India is not alone in its preference for the male child. Muhammad Ali, former boxing champion in the United States was once asked by a reporter how many children he had. He replied, "One boy and seven mistakes." China has announced that it will criminalize sex-selection abortions. Given the looming shortage of females, Chinese researchers have predicted that there will be 40 million unmarried men in mainland China by the year 2020. Experts report that such a surplus of unmarried men will, inevitably, mean more violence, including war, kidnapping and rape. Indeed, China has seen a sharp rise in violent crime over the past decade.
Other crimes also accompany shortages of women in nation states. China is a major destination country for sex trafficking in part because of the shortage of marriageable women there. Pakistan and Afghanistan have significant numbers of sex-selection abortions, but the problem is not yet having the impact that it is having in China and India. In addition to sex trafficking, there is a rise in bride trafficking -- Korean men, for instance, are finding brides in Vietnam.

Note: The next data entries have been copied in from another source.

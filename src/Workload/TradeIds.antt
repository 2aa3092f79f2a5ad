-- ===== src/Workload/TradeIds.antt =====
-- internal/workload/generator.go: repeated trades have consecutive ids.
use market_replay.Prelude.{
  ℕ, suc, ◌+◌, ◌*◌, ◌<◌, ◌≤◌, ◌^◌, String, List, [], ◌∷◌, some, ◌≡◌, ◌≢◌, refl, sym, ap, ◌∙◌, arith,
  length, get_elem?,
}
use market_replay.Prelude.Int.{pos, pos-add64}
use market_replay.Prelude.Dict.{lookup}
use market_replay.Prelude.Result.{ok}
use market_replay.Parser.Text.{Unicode}
use market_replay.Workload.{GenerateOptions, Progress}
use market_replay.Workload.Csv.{
  int_at, new_csv_normalizer, normalize_csv, header_index, csv_start, generate_csv,
}
use market_replay.Workload.Loop.{write_passes-IsProgress}
use market_replay.Workload.Written.{total_size}
use market_replay.Workload.Shift.{get_elem?-lt}
use market_replay.Workload.Normalized.{
  TradesFrom, new_csv_normalizer-IsNoted, trade_at, normalized_id,
}

module _ (id_index time_index : ℕ) where
  -- What a generated CSV workload is: it has the bytes that were asked for, counted with the header, less
  -- than the longest row too many, and its trades have the ids from `base` on.
  pub record IsWorkload (base start target most : ℕ) (csv_bytes : List String → ℕ)
      (q : Progress (List String)) : Type 0 where
    pub counted_bytes : (q.result).bytes_written ≡ pos (start + total_size csv_bytes q.written)
    pub counted_rows : (q.result).rows_written ≡ pos (length q.written)
    pub enough : target ≤ start + total_size csv_bytes q.written
    pub not_too_many : start + total_size csv_bytes q.written < target + most
    pub ids :
        (k : ℕ) (row : List String)
        → get_elem? q.written k ≡ some row
        → int_at id_index row ≡ some (pos (base + k))

  -- A CSV workload whose header names trade_id and trade_time and whose rows are trades with ids that count up
  -- from `base`: with more fuel than bytes are asked for it is generated, and however often the source is
  -- repeated the ids count up from `base` on, while they fit an int64. It has the bytes asked for,
  -- counted exactly, and less than the longest row too many.
  pub generate_csv-IsWorkload :
      (u : Unicode) (csv_bytes : List String → ℕ) (fuel target most base : ℕ)
      (opts : GenerateOptions) (header row : List String) (rows : List (List String))
      → lookup "trade_id" (header_index u 0 header []) ≡ some id_index
      → lookup "trade_time" (header_index u 0 header []) ≡ some time_index
      → id_index ≢ time_index
      → TradesFrom id_index time_index base (row ∷ rows)
      → opts.target_bytes ≡ pos target
      → csv_bytes header < target + most
      → base + length rows + target + most < 2 ^ 63
      → ((i k : ℕ) (source : List String)
          → get_elem? (row ∷ rows) i ≡ some source
          → let made = csv_bytes (
              normalize_csv
                (new_csv_normalizer (header_index u 0 header []) (row ∷ rows))
                source
                (pos k)) in
            (1 ≤ made) × (made ≤ most))
      → target < fuel
      → (q : Progress (List String)) × (generate_csv u csv_bytes fuel opts
            (ok (header ∷ row ∷ rows))
          ≡ ok (some q))
        × IsWorkload base (csv_bytes header) target most csv_bytes q
  unfolding generate_csv csv_start
  generate_csv-IsWorkload u csv_bytes fuel target most base opts header row rows has_id has_time
        apart trades aim low fits sized fuelled =
      let index = header_index u 0 header [] in
      let n = new_csv_normalizer index (row ∷ rows) in
      let noted =
        new_csv_normalizer-IsNoted id_index time_index base index row rows has_id has_time
          (omega (arith, fits, low)) trades in
      let (q, ran, progress, enough) =
        write_passes-IsProgress (normalize_csv n) csv_bytes (csv_bytes header) target most
          (row ∷ rows) (omega (arith, fits)) sized fuel row rows (csv_start u csv_bytes opts header)
          refl refl aim
          (pos-add64 0 (csv_bytes header) (omega (arith, low, fits)) ∙ ap pos (omega arith)) refl
          low fuelled in
      (
        q,
        ap (λ p. ok p) ran,
        record {
          counted_bytes = progress.bytes;
          counted_rows = progress.rows;
          enough = enough;
          not_too_many = progress.below;
          ids = λ k made found.
              let (cycle, i, source, place, here, is_made) = progress.repeated k made found in
              let (id, (time, at)) =
                trade_at id_index time_index base i (row ∷ rows) source trades here in
              let inside = get_elem?-lt (row ∷ rows) i here in
              let written = get_elem?-lt q.written k found in
              let room : base + (cycle * suc (length rows) + i) < 2 ^ 63 =
                omega (arith, fits, written, place, progress.each, progress.below) in
              ap (int_at id_index) (is_made ∙ ap (λ j. normalize_csv n source (pos j)) place)
              ∙ (normalized_id id_index time_index base (length rows) cycle i n source time
                    (omega (arith, fits)) (omega (arith, fits, low)) noted inside room apart id at
                  ∙ ap (λ j. some (pos (base + j))) (sym place));
        },
      )
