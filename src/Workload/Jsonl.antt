-- ===== src/Workload/Jsonl.antt =====
-- internal/workload/generator.go: workloads of JSON lines. A decoded object is a parameter, as are its fields, which
-- come by way of a float64, and its encoding.
use Prim.Native.String.{◌++◌, len}
use market_replay.Prelude.{
  ◌==◌, ℕ, String, Bool, true, false, not, ◌||◌, List, [], ◌∷◌, Option, none, some, if◌then◌else◌,
  map,
}
use market_replay.Prelude.Int.{ℤ, pos, leb_ℤ, add64, sub64, inc64}
use market_replay.Prelude.Result.{Result, ok, err}
use market_replay.Workload.{GenerateOptions, new_result, mul64, quot64, Progress, write_passes}

-- `json.Unmarshal` into a map, its fields by jsonInt, and json.Marshal of the map with three fields set.
pub record JsonObjects (O : Type 0) : Type 0 where
  pub unmarshal : String → Option O
  pub event_type : O → Option String
  pub int_field : String → O → Option ℤ
  pub marshal_with : (first final time : ℤ) → O → Option String

-- `obj["event_type"] == "depth"`
abbrev pub is_depth : Option String → Bool
is_depth none = false
is_depth (some type) = type == "depth"

pub record JsonlNormalizer : Type 0 where
  pub enabled : Bool
  pub base_first_id : ℤ
  pub last_final_id : ℤ
  pub base_time : ℤ
  pub last_event_time : ℤ
  pub row_count : ℤ

-- `jsonlNormalizer{}`
abbrev pub no_jsonl_normalizer : JsonlNormalizer
no_jsonl_normalizer = record {
  enabled = false;
  base_first_id = pos 0;
  last_final_id = pos 0;
  base_time = pos 0;
  last_event_time = pos 0;
  row_count = pos 0;
}

module _ {O : Type 0} (json : JsonObjects O) where
  -- The three numbers of an object, where all are there.
  abbrev pub depth_numbers : O → Option (ℤ × ℤ × ℤ)
  depth_numbers obj = elim (json.int_field "first_update_id" obj) [
    | none ↦ none
    | some first ↦ elim (json.int_field "final_update_id" obj) [
      | none ↦ none
      | some final ↦ elim (json.int_field "event_time" obj) [
        | none ↦ none
        | some time ↦ some (first, final, time)
      ]
    ]
  ]

  -- From `if !normalizer.enabled` on.
  unfoldable pub note_depth : ℤ × ℤ × ℤ → JsonlNormalizer → JsonlNormalizer
  note_depth (first, final, time) n =
      record (if n.enabled
        then n
        else record n { enabled = true; base_first_id = first; base_time = time }) {
          last_final_id = final;
          last_event_time = time;
          row_count = inc64 n.row_count;
        }

  unfoldable pub note_lines : List String → JsonlNormalizer → JsonlNormalizer
  note_lines [] n = n
  note_lines (line ∷ lines) n = elim (json.unmarshal line) [
    | none ↦ no_jsonl_normalizer
    | some obj ↦
        if not (is_depth (json.event_type obj))
        then no_jsonl_normalizer
        else elim (depth_numbers obj) [
          | none ↦ no_jsonl_normalizer
          | some numbers ↦ note_lines lines (note_depth numbers n)
        ]
  ]

  unfoldable pub new_jsonl_normalizer : List String → JsonlNormalizer
  new_jsonl_normalizer lines = note_lines lines no_jsonl_normalizer

  -- From `sequenceSpan :=` on.
  unfoldable pub shift_depth : JsonlNormalizer → String → ℤ → O → ℤ × ℤ × ℤ → String
  shift_depth n line row obj (first, final, time) =
      let sequence_span = add64 (sub64 n.last_final_id n.base_first_id) (pos 1) in
      let time_span = add64 (sub64 n.last_event_time n.base_time) (pos 1) in
      let cycle = quot64 row n.row_count in
      if leb_ℤ sequence_span (pos 0) || leb_ℤ time_span (pos 0)
      then line
      else elim (json.marshal_with (add64 first (mul64 cycle sequence_span))
          (add64 final (mul64 cycle sequence_span)) (add64 time (mul64 cycle time_span)) obj) [
            | none ↦ line
            | some encoded ↦ encoded ++ "\n"
          ]

  unfoldable pub normalize_jsonl : JsonlNormalizer → String → ℤ → String
  normalize_jsonl n line row = if not n.enabled then line else elim (json.unmarshal line) [
    | none ↦ line
    | some obj ↦ elim (depth_numbers obj) [
      | none ↦ line
      | some numbers ↦ shift_depth n line row obj numbers
    ]
  ]

  -- What generateJSONL fails with.
  pub data JsonlError : Type 0 where
    scan_failed : String → JsonlError
    no_lines : JsonlError

  -- `readLines`, of what the scanner delivers.
  unfoldable pub read_lines : List String → Option String → Result String (List String)
  read_lines lines (some e) = err e
  read_lines lines none = ok (map (λ line. line ++ "\n") lines)

  unfoldable pub generate_jsonl :
      ℕ
      → GenerateOptions
      → Result String (List String)
      → Result JsonlError (Option (Progress String))
  generate_jsonl fuel opts (err e) = err (scan_failed e)
  generate_jsonl fuel opts (ok []) = err no_lines
  generate_jsonl fuel opts (ok (line ∷ lines)) = ok (
      write_passes (normalize_jsonl (new_jsonl_normalizer (line ∷ lines))) len fuel (line ∷ lines)
        (record { written = []; result = new_result opts }))
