-- ===== src/Workload/Lines.antt =====
-- internal/workload/generator.go: what generateJSONL writes.
use Prim.Native.String.{len}
use market_replay.Prelude.{
  ℕ, ◌+◌, ◌<◌, ◌≤◌, ◌^◌, String, List, [], ◌∷◌, some, ◌≡◌, refl, ap, get_elem?,
}
use market_replay.Prelude.Int.{pos}
use market_replay.Prelude.Result.{ok}
use market_replay.Workload.{GenerateOptions, new_result, Progress}
use market_replay.Workload.Jsonl.{
  JsonObjects, new_jsonl_normalizer, normalize_jsonl, generate_jsonl,
}
use market_replay.Workload.Written.{total_size}
use market_replay.Workload.Loop.{IsProgress, write_passes-IsProgress}

-- Generating JSON lines from a source that has lines, none of which is normalized to an empty line or to more
-- than `most` bytes: with more fuel than bytes are asked for it ends, and has written at least the bytes
-- asked for, counted exactly, and less than the longest line too many. Line k that was written is line i of
-- the source in cycle c, normalized at k, where k is c times the lines of the source and i.
pub generate_jsonl-IsProgress :
    {O : Type 0} (json : JsonObjects O) (fuel target most : ℕ) (opts : GenerateOptions)
    (line : String) (lines : List String)
    → opts.target_bytes ≡ pos target
    → target + most < 2 ^ 63
    → 0 < target + most
    → ((i k : ℕ) (source : String)
        → get_elem? (line ∷ lines) i ≡ some source
        → (1 ≤ len (normalize_jsonl json (new_jsonl_normalizer json (line ∷ lines)) source (pos k)))
          × (len (normalize_jsonl json (new_jsonl_normalizer json (line ∷ lines)) source (pos k))
              ≤ most))
    → target < fuel
    → (q : Progress String) × (generate_jsonl json fuel opts (ok (line ∷ lines)) ≡ ok (some q))
      × IsProgress
          (normalize_jsonl json (new_jsonl_normalizer json (line ∷ lines)))
          len
          0
          target
          most
          (line ∷ lines)
          q
      × (target ≤ 0 + total_size len q.written)
unfolding generate_jsonl
generate_jsonl-IsProgress json fuel target most opts line lines aim fits room sized fuelled =
    let (q, ran, progress, enough) =
      write_passes-IsProgress (normalize_jsonl json (new_jsonl_normalizer json (line ∷ lines))) len
        0 target most (line ∷ lines) fits sized fuel line lines
        (record { written = []; result = new_result opts }) refl refl aim refl refl room fuelled in
    (q, ap (λ p. ok p) ran, progress, enough)
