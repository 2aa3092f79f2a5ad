-- ===== src/Tests/Generating.antt =====
-- internal/workload: a small workload of trades.
use Prim.Native.String.{len}
use market_replay.Prelude.{
  zero, suc, ap, sym, none, get_elem?, Bool, true, false, ℕ, ◌+◌, ◌≤◌, String, List, [], ◌∷◌, some,
  ◌≡◌, refl, arith,
}
use market_replay.Prelude.Int.{ℤ, pos, add64, sub64, inc64}
use market_replay.Parser.Text.{parse_int}
use market_replay.Parser.Decimal.{format_int, format_digits, digit}
use market_replay.Prelude.Dict.{lookup, insert}
use market_replay.Prelude.Result.{ok}
use market_replay.Workload.{GenerateOptions, mul64, quot64, Progress}
use market_replay.Workload.Csv.{
  header_index, new_csv_normalizer, note_trade, note_trades, normalize_csv, generate_csv,
}
use market_replay.Workload.Loop.{IsProgress}
use market_replay.Workload.Written.{total_size}
use market_replay.Workload.Normalized.{TradesFrom}
use market_replay.Workload.TradeIds.{IsWorkload, generate_csv-IsWorkload}
use market_replay.Workload.Jsonl.{
  JsonObjects, new_jsonl_normalizer, note_lines, normalize_jsonl, generate_jsonl,
}
use market_replay.Workload.Lines.{generate_jsonl-IsProgress}
use market_replay.Tests.Working.{plain}

abbrev options : GenerateOptions
options = record { source_path = "a.csv"; output_path = "b.csv"; target_bytes = pos 60 }

-- Each record takes 10 bytes.
abbrev ten : List String → ℕ
ten row = 10

abbrev header : List String
header = "trade_id" ∷ "trade_time" ∷ []

abbrev first_trade : List String
first_trade = "7" ∷ "100" ∷ []

abbrev later_trades : List (List String)
later_trades = ("8" ∷ "105" ∷ []) ∷ []

has_id : lookup "trade_id" (header_index plain 0 header []) ≡ some 0
unfolding lookup header_index insert
has_id = refl

has_time : lookup "trade_time" (header_index plain 0 header []) ≡ some 1
unfolding lookup header_index insert
has_time = refl

trades : TradesFrom 0 1 7 (first_trade ∷ later_trades)
unfolding parse_int
trades = (refl, (pos 100, refl), (refl, (pos 105, refl), tt))

generate_csv-IsWorkload_example :
    (q : Progress (List String)) × (generate_csv plain ten 61 options
        (ok (header ∷ first_trade ∷ later_trades))
      ≡ ok (some q))
    × IsWorkload 0 1 7 10 60 10 ten q
generate_csv-IsWorkload_example =
    generate_csv-IsWorkload 0 1 plain ten 61 60 10 7 options header first_trade later_trades has_id
      has_time (λ h. omega (arith, h)) trades refl (omega arith) (omega arith)
      (λ i k source here. (omega arith, omega arith)) (omega arith)

-- The fifth row that is written, in the third cycle: both id and time are shifted.
fifth_row :
    normalize_csv
      (new_csv_normalizer (header_index plain 0 header []) (first_trade ∷ later_trades))
      first_trade
      (pos 4)
    ≡ "11" ∷ "112" ∷ []
unfolding lookup header_index insert new_csv_normalizer normalize_csv note_trade note_trades add64
    sub64 inc64 mul64 quot64 format_int format_digits digit parse_int
fifth_row = refl

-- Objects that no text is decoded to: the lines are repeated as they are.
abbrev no_objects : JsonObjects String
no_objects = record {
  unmarshal = λ line. none;
  event_type = λ obj. none;
  int_field = λ name obj. none;
  marshal_with = λ first final time obj. none;
}

as_they_are :
    (line : String) (k : ℤ)
    → normalize_jsonl no_objects (new_jsonl_normalizer no_objects ("{}\n" ∷ [])) line k ≡ line
unfolding normalize_jsonl new_jsonl_normalizer note_lines
as_they_are line k = refl

three_bytes : (i : ℕ) (line : String) → get_elem? ("{}\n" ∷ []) i ≡ some line → len line ≡ 3
three_bytes zero line h = ap (λ o. elim o [ none ↦ 3 | some l ↦ len l ]) (sym h)
three_bytes (suc i) line h = let wrong : ◌≡◌ {A = Bool} true false = cc in cc

generate_jsonl-IsProgress_example :
    (q : Progress String) × (generate_jsonl no_objects 61 options (ok ("{}\n" ∷ [])) ≡ ok (some q))
    × IsProgress
        (normalize_jsonl no_objects (new_jsonl_normalizer no_objects ("{}\n" ∷ [])))
        len
        0
        60
        3
        ("{}\n" ∷ [])
        q
    × (60 ≤ 0 + total_size len q.written)
generate_jsonl-IsProgress_example =
    generate_jsonl-IsProgress no_objects 61 60 3 options "{}\n" [] refl (omega arith) (omega arith)
      (λ i k line here. (
        omega (arith, three_bytes i line here, ap len (as_they_are line (pos k))),
        omega (arith, three_bytes i line here, ap len (as_they_are line (pos k))),
      ))
      (omega arith)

The United Kingdom (U.K.), too, has outlawed "sex selection for social reasons." The U.K. based bioethics group, Human Genetics Alert, argues, "If we allow sex selection it will be impossible to oppose 'choice' of any other characteristics, such as appearance, height, intelligence, etc. The door to 'designer babies' will not have been opened a crack -- it will have been thrown wide open."
These facts led Bill Saunders, Human Rights Counsel, Senior Fellow and Director, Center for Human Life and Bioethics at the Family Research Council, to say, "The true 'plight of the girl child' is that she is being aborted out of existence. Recent demographic studies show a growing dearth of female births around the world. This trend is increasing, as couples (and governments) try to 'engineer families.'"
The abortion dilemma of the radical feminists and other leftists at the United Nations won't be resolved anytime soon and the ramifications continue to worsen. The bodies of the aborted babies are out of sight but the staggering long-term consequences of the "missing" lives continue to dramatically cumulate.
Sow the wind, reap the whirlwind. The lie that produced the illogical abortion dilemma is the same lie that is snuffing out thousands of lives and wreaking havoc on human dignity. In due time, the bitter fruit of "choice" will be recorded in the pages of history ... after the plagues that struck Egypt, after the World Wars of the 20th century.
Janice Shaw Crouse, Director and Senior Fellow of Concerned Women for America's Beverly LaHaye Institute, will be in New York at the U.N.'s Commission on the Status of Women for the next two weeks. She will be writing a nightly commentary on each day's proceedings.
Sarah Rode, intern at CWA, helped with the research for this article.